Attempting to ride jerkin’s crest as it expands nationally and internationally, the one-time real estate agent has plans for an Internet music label, a documentary and a barnstorming jerkin’ tour.
“These labels give artists low-six-figure advances for three-album deals. That’s not much when you factor in taxes and the probability of some being one-hit wonders,” Bradley says. “We’re partnering with them and teaching merchandising and business. If you get 1 million plays and sell a ring tone to 10 percent, that’s more money than a major will give you.” (It could amount to between $100,000 and $350,000.)
Minus the now-departed JINC contingent, the Ranger$ win handily in the finals. They always do. Asked about the future, 16-year-old Julian Goins, the crew’s co-founder and most known member, insists that they plan “to do everything.” For now, they’ll anchor the Jusjerk national tour and continue shooting videos and making music. Though he is primarily known for his dancing, Goins’ “They Love Me” has accumulated nearly 300,000 MySpace plays.
Several days later, filming commences on Skinny Jeans: The Movement,the reality show produced by Hasan, Bill Lucas and Candor Entertainment. While the program’s purpose is partially to proselytize, Lucas, a former marketing director at Universal Music, insists there’s altruism behind the efforts.
“Some of the music I used to work with was really negative,” Lucas says. “I felt that some of it was as destructive to the community as crack dealers. This generation has reclaimed rap’s innocence; they’ve renamed it and rebranded it. It’s so fun and colorful and positive. It’s a rebirth.”

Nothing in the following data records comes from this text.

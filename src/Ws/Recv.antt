-- ===== src/Ws/Recv.antt =====
-- The receiving half of WebSocketT: read_more, one round of the loop of recv, and the loop on
-- fuel, since a peer may send control frames for ever.
pub mod Reassembly
pub mod Timeout
use vericonnect_agent.Common.{Result, Error, ok, err, error, timeout, protocol, closed}
use vericonnect_agent.Net.{Net, Io, ◌>>=◌, pure}
use vericonnect_agent.Prelude.{
  ℕ, zero, suc, ◌+◌, ◌-◌, Bool, true, false, not, Option, none, some, [], ◌∷◌, ◌++◌, Bytes, ◌==◌,
  leb, if◌then◌else◌, take,
}
use vericonnect_agent.Ws.Frame.{parse_frame}
use vericonnect_agent.Ws.Send.{send_frame}
use vericonnect_agent.Ws.{Ws, WsFrame, MsgType, text, binary, close, Message}

-- sizeof tmp in read_more
abbrev pub read_size : ℕ
read_size = 8192

-- The locals of recv: the message so far, its opcode, and whether it is a fragmented one.
pub record Assembly : Type 0 where
  pub msg : Bytes
  pub msg_opcode : ℕ
  pub in_fragmented : Bool

abbrev pub no_message : Assembly
no_message = record { msg = []; msg_opcode = 0; in_fragmented = false }

abbrev pub data_type : ℕ → MsgType
data_type opcode = if opcode == 0x1 then text else binary

abbrev pub is_timeout : Error → Bool
is_timeout e = elim e.code [ timeout ↦ true | _ ↦ false ]

-- A negative timeout counts as 0 for the deadline.
abbrev pub limit_ms : Option ℕ → ℕ
limit_ms none = 0
limit_ms (some t) = t

module _ (n : Net) where
  -- How a round ends: with the loop's next locals, or with the result of recv.
  pub data Round : Type 0 where
    again : Ws n → Assembly → Round
    done : Ws n → Result Message → Round

  -- read_more: at most `read_size` bytes behind `in_`; nothing read is an orderly close.
  abbrev pub appended : Ws n → Result Bytes → Result (Ws n)
  appended ws (err e) = err e
  appended ws (ok []) = err (error closed)
  appended ws (ok (b ∷ bs)) = ok (record ws { buffered = ws.buffered ++ b ∷ bs })

  unfoldable pub read_more : Ws n → ℕ → Io n (Result (Ws n))
  read_more ws wait = do got ← n.recv ws.transport read_size wait; pure (appended ws got)

  -- `none` is a negative timeout_ms: wait for ever.
  abbrev pub read_failed : Ws n → Assembly → Option ℕ → Error → Round
  read_failed ws asm limit e =
      if is_timeout e
      then elim limit [ none ↦ again ws asm | some t ↦ done ws (err (error timeout)) ]
      else done (record ws { closed = true }) (err e)

  abbrev pub after_read : Ws n → Assembly → Option ℕ → Result (Ws n) → Round
  after_read ws asm limit (ok ws') = again ws' asm
  after_read ws asm limit (err e) = read_failed ws asm limit e

  -- The read of a caller that waits for at most a given time, once the clock shows `now`.
  abbrev pub timed_read : Ws n → Assembly → ℕ → ℕ → ℕ → Io n Round
  timed_read ws asm t deadline now =
      if leb deadline now
      then pure (done ws (err (error timeout)))
      else (read_more ws (deadline - now) >>= λ got. pure (after_read ws asm (some t) got))

  -- No whole frame is buffered: check the deadline and read more.
  unfoldable pub need_more : Ws n → Assembly → Option ℕ → ℕ → Io n Round
  unfolding read_more
  need_more ws asm none deadline = do
    now ← n.monotonic_ms
    got ← read_more ws 60000
    pure (after_read ws asm none got)
  need_more ws asm (some t) deadline = do now ← n.monotonic_ms; timed_read ws asm t deadline now

  -- case 0x0: a continuation frame
  unfoldable pub continuation : Ws n → Assembly → WsFrame → Round
  continuation ws asm f =
      if not asm.in_fragmented
      then done ws (err (error protocol))
      else if f.fin
      then done ws (ok (record { type = data_type asm.msg_opcode; payload = asm.msg ++ f.payload }))
      else again ws (record asm { msg = asm.msg ++ f.payload })

  -- case 0x1, 0x2: the first frame of a message
  unfoldable pub first_frame : Ws n → Assembly → WsFrame → Round
  first_frame ws asm f =
      if asm.in_fragmented
      then done ws (err (error protocol))
      else if f.fin
      then done ws (ok (record { type = data_type f.opcode; payload = f.payload }))
      else again ws
          (record { msg = asm.msg ++ f.payload; msg_opcode = f.opcode; in_fragmented = true })

  -- The switch on the opcode. The results of the replies to ping and close are ignored.
  unfoldable pub handle_frame : Ws n → Assembly → WsFrame → Io n Round
  unfolding continuation first_frame
  handle_frame ws asm f =
      if f.opcode == 0x9
      then (send_frame n ws.transport 0xA true f.payload >>= λ sent. pure (again ws asm))
      else if f.opcode == 0xA
      then pure (again ws asm)
      else if f.opcode == 0x8
      then (send_frame n ws.transport 0x8 true (take 2 f.payload) >>= λ sent.
          pure (
            done (record ws { closed = true }) (ok (record { type = close; payload = f.payload }))))
      else if f.opcode == 0x0
      then pure (continuation ws asm f)
      else if f.opcode == 0x1
      then pure (first_frame ws asm f)
      else if f.opcode == 0x2
      then pure (first_frame ws asm f)
      else pure (done ws (err (error protocol)))

  -- One round of the loop, on what parse_frame makes of the buffer.
  abbrev pub round_on :
      Ws n → Assembly → Option ℕ → ℕ → Result (Option (WsFrame × Bytes)) → Io n Round
  round_on ws asm limit deadline (err e) = pure (done ws (err e))
  round_on ws asm limit deadline (ok none) = need_more ws asm limit deadline
  round_on ws asm limit deadline (ok (some (f, rest))) =
      handle_frame (record ws { buffered = rest }) asm f

  -- `continue`, or the return.
  abbrev pub next :
      Round
      → (Ws n → Assembly → Io n (Option (Ws n × Result Message)))
      → Io n (Option (Ws n × Result Message))
  next (again ws asm) loop = loop ws asm
  next (done ws result) loop = pure (some (ws, result))

  -- The loop of recv on fuel; `none` is out of fuel.
  unfoldable pub recv_loop :
      ℕ → Ws n → Assembly → Option ℕ → ℕ → Io n (Option (Ws n × Result Message))
  recv_loop zero ws asm limit deadline = pure none
  recv_loop (suc fuel) ws asm limit deadline = do
    r ← round_on ws asm limit deadline (parse_frame ws.buffered)
    next r (λ ws' asm'. recv_loop fuel ws' asm' limit deadline)

  unfoldable pub recv : ℕ → Ws n → Option ℕ → Io n (Option (Ws n × Result Message))
  recv fuel ws limit =
      if ws.closed
      then pure (some (ws, err (error closed)))
      else (n.monotonic_ms >>= λ now. recv_loop fuel ws no_message limit (now + limit_ms limit))

  -- WebSocketT::close
  unfoldable pub close_ws : Ws n → n.World → Ws n × n.World
  close_ws ws w = (record ws { buffered = []; closed = true }, n.close ws.transport w)
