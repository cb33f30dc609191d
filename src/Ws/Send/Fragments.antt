-- ===== src/Ws/Send/Fragments.antt =====
-- The frames that one message is sent as.
use vericonnect_agent.Prelude.{
  ℕ, zero, suc, ◌≤◌, ◌<◌, Bool, true, false, List, [], ◌∷◌, ◌++◌, ◌≡◌, refl, sym, inl, inr, Bytes,
  ◌==◌, leb, leb→le, if◌then◌else◌, Bool-cases, length, take, drop, min, length-take, length-drop,
  take-append-drop, take-all, drop-all, All, ==_iff, arith,
}
use vericonnect_agent.Ws.{WsFrame, k_frag_size}

abbrev pub frame : ℕ → Bool → Bytes → WsFrame
frame op fin payload = record { opcode = op; fin = fin; payload = payload }

-- RFC 6455, section 5.4: the frames carry one message. The first has the message's opcode, all
-- others are continuations, and only the last is final.
pub data Carries : ℕ → List WsFrame → Bytes → Type 0 where
  last : {op : ℕ} {payload : Bytes} → Carries op (frame op true payload ∷ []) payload
  more :
      {op : ℕ} {fs : List WsFrame} {payload part rest : Bytes}
      → Carries 0 fs rest
      → payload ≡ part ++ rest
      → Carries op (frame op false part ∷ fs) payload

-- The frames of send_fragments.
unfoldable pub fragments : ℕ → ℕ → Bool → Bytes → List WsFrame
fragments zero op first rest = []
fragments (suc f) op first [] = []
fragments (suc f) op first (b ∷ bs) =
    let k = min k_frag_size (length (b ∷ bs)) in
    frame (if first then op else 0x0) (k == length (b ∷ bs)) (take k (b ∷ bs))
    ∷ fragments f op false (drop k (b ∷ bs))

-- The frames of send.
unfoldable pub message_frames : ℕ → Bytes → List WsFrame
message_frames op payload =
    if leb (length payload) k_frag_size
    then frame op true payload ∷ []
    else fragments (length payload) op true payload

abbrev pub Fits : List WsFrame → Type 0
Fits = All (λ f. length f.payload ≤ k_frag_size)

fragments_nil : (f op : ℕ) (first : Bool) → fragments f op first [] ≡ []
unfolding fragments
fragments_nil zero op first = refl
fragments_nil (suc f) op first = refl

-- One round that takes everything, and one that leaves a rest.
module _ (op op' f k : ℕ) (l : Bytes) where
  abbrev round : List WsFrame
  round = frame op (k == length l) (take k l) ∷ fragments f op' false (drop k l)

  round_whole : k ≡ length l → Carries op round l
  round_whole e =
      rw
        (
          (==_iff k (length l)).1 e,
          take-all k l (omega arith),
          drop-all k l (omega arith),
          fragments_nil f op' false,
        )
        last

  round_part :
      k < length l → Carries 0 (fragments f op' false (drop k l)) (drop k l) → Carries op round l
  round_part h rest =
      let e : (k == length l) ≡ false = ground arith in
      rw e (more rest (sym (take-append-drop k l)))

fragments-Carries :
    (f op : ℕ) (first : Bool) (bs : Bytes)
    → length bs ≤ f
    → 0 < length bs
    → Carries (if first then op else 0x0) (fragments f op first bs) bs
unfolding fragments
fragments-Carries f op first [] h ne = absurd (omega arith)
fragments-Carries zero op first (b ∷ bs) h ne = absurd (omega arith)
fragments-Carries (suc f) op first (b ∷ bs) h ne =
    let l : Bytes = b ∷ bs in
    let k : ℕ = min k_frag_size (length l) in
    elim (Bool-cases (leb (length l) k_frag_size)) [
      | inl whole ↦
          round_whole (if first then op else 0x0) op f k l (omega (arith, leb→le _ _ whole))
      | inr part ↦
          let long : k_frag_size < length l = ground arith in
          round_part (if first then op else 0x0) op f k l (omega arith) (
            fragments-Carries f op false (drop k l) (omega (arith, length-drop k l))
              (omega (arith, length-drop k l)))
    ]

fragments-Fits : (f op : ℕ) (first : Bool) (bs : Bytes) → Fits (fragments f op first bs)
unfolding fragments
fragments-Fits zero op first bs = tt
fragments-Fits (suc f) op first [] = tt
fragments-Fits (suc f) op first (b ∷ bs) = (
  omega (arith, length-take (min k_frag_size (length (b ∷ bs))) (b ∷ bs)),
  fragments-Fits f op false _,
)

-- A message is sent as one well-formed sequence of frames: the first has the message's opcode,
-- the others are continuations, only the last is final, the payloads in order make up the
-- message, and none is larger than kFragSize.
pub message_frames-Carries :
    (op : ℕ) (payload : Bytes)
    → Carries op (message_frames op payload) payload × Fits (message_frames op payload)
unfolding message_frames
message_frames-Carries op payload = elim (Bool-cases (leb (length payload) k_frag_size)) [
  | inl small ↦ rw small (last, (leb→le _ _ small, tt))
  | inr large ↦ rw large (
    fragments-Carries (length payload) op true payload (omega arith) (ground arith),
    fragments-Fits (length payload) op true payload,
  )
]
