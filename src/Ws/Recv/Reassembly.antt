-- ===== src/Ws/Recv/Reassembly.antt =====
-- Reassembly: what recv makes of the frames of a message.
use vericonnect_agent.Common.{Result, ok}
use vericonnect_agent.Net.{Net, ◌>>=◌, pure}
use vericonnect_agent.Prelude.{
  ℕ, zero, suc, ◌+◌, ◌≤◌, ◌<◌, Bool, true, false, Option, some, List, ◌++◌, ◌≡◌, refl, sym, ap, ◌∙◌,
  inl, inr, ◌⊎◌, Bytes, length, All, append_assoc, append-nil, arith,
}
use vericonnect_agent.Ws.Frame.Wire.{IsOnWire, AreOnWire, parse_frame-IsOnWire}
use vericonnect_agent.Ws.Frame.{parse_frame}
use vericonnect_agent.Ws.Recv.{
  Assembly, no_message, data_type, first_frame, handle_frame, round_on, next, recv_loop, recv,
  limit_ms,
}
use vericonnect_agent.Ws.Send.Fragments.{Carries, last, more, frame}
use vericonnect_agent.Ws.{Ws, WsFrame, Message, k_max_msg}

module _ (n : Net) (limit : Option ℕ) (deadline : ℕ) where
  -- A buffered frame is handled with the bytes behind it left in the buffer.
  pub loop_frame :
      (fuel : ℕ) (ws : Ws n) (asm : Assembly) (op : ℕ) (fin : Bool) (payload front rest : Bytes)
      (w : n.World)
      → op < 16
      → IsOnWire (frame op fin payload) front
      → length payload ≤ k_max_msg
      → ws.buffered ≡ front ++ rest
      → recv_loop n (suc fuel) ws asm limit deadline w
        ≡ (handle_frame n (record ws { buffered = rest }) asm (frame op fin payload) >>= λ r.
              next n r (λ ws' asm'. recv_loop n fuel ws' asm' limit deadline))
            w
  unfolding recv_loop
  loop_frame fuel ws asm op fin payload front rest w small wire fits e =
      ap
        (λ r.
          (round_on n ws asm limit deadline r >>= λ r.
          next n r (λ ws' asm'. recv_loop n fuel ws' asm' limit deadline))
            w)
        (ap parse_frame e ∙ parse_frame-IsOnWire (frame op fin payload) front rest small fits wire)

  -- The rest of a fragmented message is read to its end.
  loop_rest :
      {fs : List WsFrame} {body : Bytes} (fuel : ℕ) (ws : Ws n) (msg : Bytes) (opcode : ℕ)
      (bs tail : Bytes) (w : n.World)
      → Carries 0 fs body
      → AreOnWire fs bs
      → All (λ f. length f.payload ≤ k_max_msg) fs
      → length fs ≤ fuel
      → ws.buffered ≡ bs ++ tail
      → recv_loop n fuel ws
          (record { msg = msg; msg_opcode = opcode; in_fragmented = true })
          limit
          deadline
          w
        ≡ (
          some (
            record ws { buffered = tail },
            ok (record { type = data_type opcode; payload = msg ++ body }),
          ),
          w,
        )
  unfolding handle_frame
  loop_rest zero ws msg opcode bs tail w last wr a h e = absurd (omega arith)
  loop_rest zero ws msg opcode bs tail w (more c e0) wr a h e = absurd (omega arith)
  loop_rest (suc fuel) ws msg opcode bs tail w (last {payload = p}) (front, back, wire, e1, e2) a h
        e =
      loop_frame fuel ws _ 0 true p front tail w (omega arith) wire a.0
        (e ∙ ap (λ x. x ++ tail) (e2 ∙ ap (λ x. front ++ x) e1 ∙ append-nil _))
  loop_rest (suc fuel) ws msg opcode bs tail w (more {part = p} {rest = r} c e0)
        (front, bs', wire, wr, e2) a h e =
      loop_frame fuel ws _ 0 false p front (bs' ++ tail) w (omega arith) wire a.0
        (e ∙ ap (λ x. x ++ tail) e2 ∙ append_assoc front bs' tail)
      ∙ loop_rest fuel (record ws { buffered = bs' ++ tail }) (msg ++ p) opcode bs' tail w c wr a.1
          (omega arith) refl
      ∙ ap
          (λ x. (
            some (
              record ws { buffered = tail },
              ok (record { type = data_type opcode; payload = x }),
            ),
            w,
          ))
          (append_assoc msg p r ∙ ap (λ x. msg ++ x) (sym e0))

  handle_first :
      (ws : Ws n) (asm : Assembly) (op : ℕ) (fin : Bool) (p : Bytes)
      → (op ≡ 0x1) ⊎ (op ≡ 0x2)
      → handle_frame n ws asm (frame op fin p) ≡ pure (first_frame n ws asm (frame op fin p))
  unfolding handle_frame
  handle_first ws asm op fin p (inl e) = rw e refl
  handle_first ws asm op fin p (inr e) = rw e refl

  -- What the loop goes on with after the first frame of a message.
  unfoldable pub after_first :
      ℕ → Ws n → ℕ → Bool → Bytes → n.World → Option (Ws n × Result Message) × n.World
  after_first fuel ws op fin p w =
      next n (first_frame n ws no_message (frame op fin p))
        (λ ws' asm'. recv_loop n fuel ws' asm' limit deadline) w

  pub loop_first :
      (fuel : ℕ) (ws : Ws n) (op : ℕ) (fin : Bool) (p front rest : Bytes) (w : n.World)
      → (op ≡ 0x1) ⊎ (op ≡ 0x2)
      → IsOnWire (frame op fin p) front
      → length p ≤ k_max_msg
      → ws.buffered ≡ front ++ rest
      → recv_loop n (suc fuel) ws no_message limit deadline w
        ≡ after_first fuel (record ws { buffered = rest }) op fin p w
  unfolding after_first
  loop_first fuel ws op fin p front rest w o wire fits e =
      loop_frame fuel ws no_message op fin p front rest w (ground arith) wire fits e
      ∙ ap (λ m. (m >>= λ r. next n r (λ ws' asm'. recv_loop n fuel ws' asm' limit deadline)) w)
          (handle_first (record ws { buffered = rest }) no_message op fin p o)

  -- A whole message in the buffer is read, first frame and rest.
  loop_message :
      {fs : List WsFrame} {body : Bytes} {op : ℕ} (fuel : ℕ) (ws : Ws n) (bs tail : Bytes)
      (w : n.World)
      → (op ≡ 0x1) ⊎ (op ≡ 0x2)
      → Carries op fs body
      → AreOnWire fs bs
      → All (λ f. length f.payload ≤ k_max_msg) fs
      → length fs ≤ fuel
      → ws.buffered ≡ bs ++ tail
      → recv_loop n fuel ws no_message limit deadline w ≡ (
        some (record ws { buffered = tail }, ok (record { type = data_type op; payload = body })),
        w,
      )
  unfolding after_first first_frame
  loop_message zero ws bs tail w o last wr a h e = absurd (omega arith)
  loop_message zero ws bs tail w o (more c e0) wr a h e = absurd (omega arith)
  loop_message (suc fuel) ws bs tail w o (last {op = op} {payload = p}) (front, back, wire, e1, e2)
        a h e =
      loop_first fuel ws op true p front tail w o wire a.0
        (e ∙ ap (λ x. x ++ tail) (e2 ∙ ap (λ x. front ++ x) e1 ∙ append-nil _))
  loop_message (suc fuel) ws bs tail w o (more {op = op} {part = p} {rest = r} c e0)
        (front, bs', wire, wr, e2) a h e =
      loop_first fuel ws op false p front (bs' ++ tail) w o wire a.0
        (e ∙ ap (λ x. x ++ tail) e2 ∙ append_assoc front bs' tail)
      ∙ loop_rest fuel (record ws { buffered = bs' ++ tail }) p op bs' tail w c wr a.1 (omega arith)
          refl
      ∙ ap
          (λ x. (
            some (record ws { buffered = tail }, ok (record { type = data_type op; payload = x })),
            w,
          ))
          (sym e0)

module _ (n : Net) where
  pub recv_open :
      (fuel : ℕ) (ws : Ws n) (limit : Option ℕ) (w : n.World)
      → ws.closed ≡ false
      → recv n fuel ws limit w
        ≡ recv_loop n fuel ws no_message limit
            ((n.monotonic_ms w).0 + limit_ms limit)
            (n.monotonic_ms w).1
  unfolding recv
  recv_open fuel ws limit w open_ = rw open_ refl

  -- A message whose frames are all in the buffer is returned whole, with its type: recv makes one
  -- pass over its frames, leaves what follows them in the buffer, and touches the world only to
  -- look at the clock. The message starts with a text or binary frame, its other frames are
  -- continuations of which the last is marked final, each frame arrives unmasked, as a server
  -- sends it, or masked with some four bytes, no payload is above the size cap, the connection is open, and the fuel is at least the frame count.
  pub recv_message :
      {fs : List WsFrame} {body : Bytes} {op : ℕ} (fuel : ℕ) (ws : Ws n) (limit : Option ℕ)
      (bs tail : Bytes) (w : n.World)
      → (op ≡ 0x1) ⊎ (op ≡ 0x2)
      → Carries op fs body
      → AreOnWire fs bs
      → All (λ f. length f.payload ≤ k_max_msg) fs
      → length fs ≤ fuel
      → ws.closed ≡ false
      → ws.buffered ≡ bs ++ tail
      → recv n fuel ws limit w ≡ (
        some (record ws { buffered = tail }, ok (record { type = data_type op; payload = body })),
        (n.monotonic_ms w).1,
      )
  recv_message fuel ws limit bs tail w o c wr a h open_ e =
      recv_open fuel ws limit w open_ ∙ loop_message n limit _ fuel ws bs tail _ o c wr a h e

June accelerated into July and the media feeding frenzy intensified, morphing from an Internet and radio phenomenon to national television audiences. The New Boyz and JINC performed at the BET Awards preshow, with the latter’s debut track, “Bad Chick Alert,” joining Pink Dollaz, Tay, Cold Flamez and, of course, New Boyz on Power 106. Other jerkin’ crews and rap groups began springing up so fast that Vans’ net revenues have probably surpassed those of General Motors.
Hailed as the song of the summer, “You’re a Jerk” has jolted even the most optimistic record executives, with a video exceeding 4 million YouTube views, MySpace plays at 15 million–plus, digital sales of 350,000 units in one month. Across America, radio stations in all formats have spun the record. MTV, BET and Fox 11 News at 10 have beckoned, the latter dragging the New Boyz to Venice Beach to explain jerkin’ for a benighted local news audience.
“You’re the movement! Be the movement!” a cameraman with a radio–traffic reporter voice shouts at Ben J and Legacy, streaming past throngs of Boardwalk lookie-loos. The moment they pause, a crowd clots — pointing and whispering — “Isn’t that the ‘You’re a Jerk’ guys?” It’s no longer just eighth-graders paying attention, but 8-year-olds and sorority girls and European tourists with fanny packs. Everyone notices but that Venice staple, the rap knuckleheads oblivious to the New Era, clutching flimsy Walkmans and still trying to badger you into buying their mixtape. Maybe the New Boyz can give them pointers.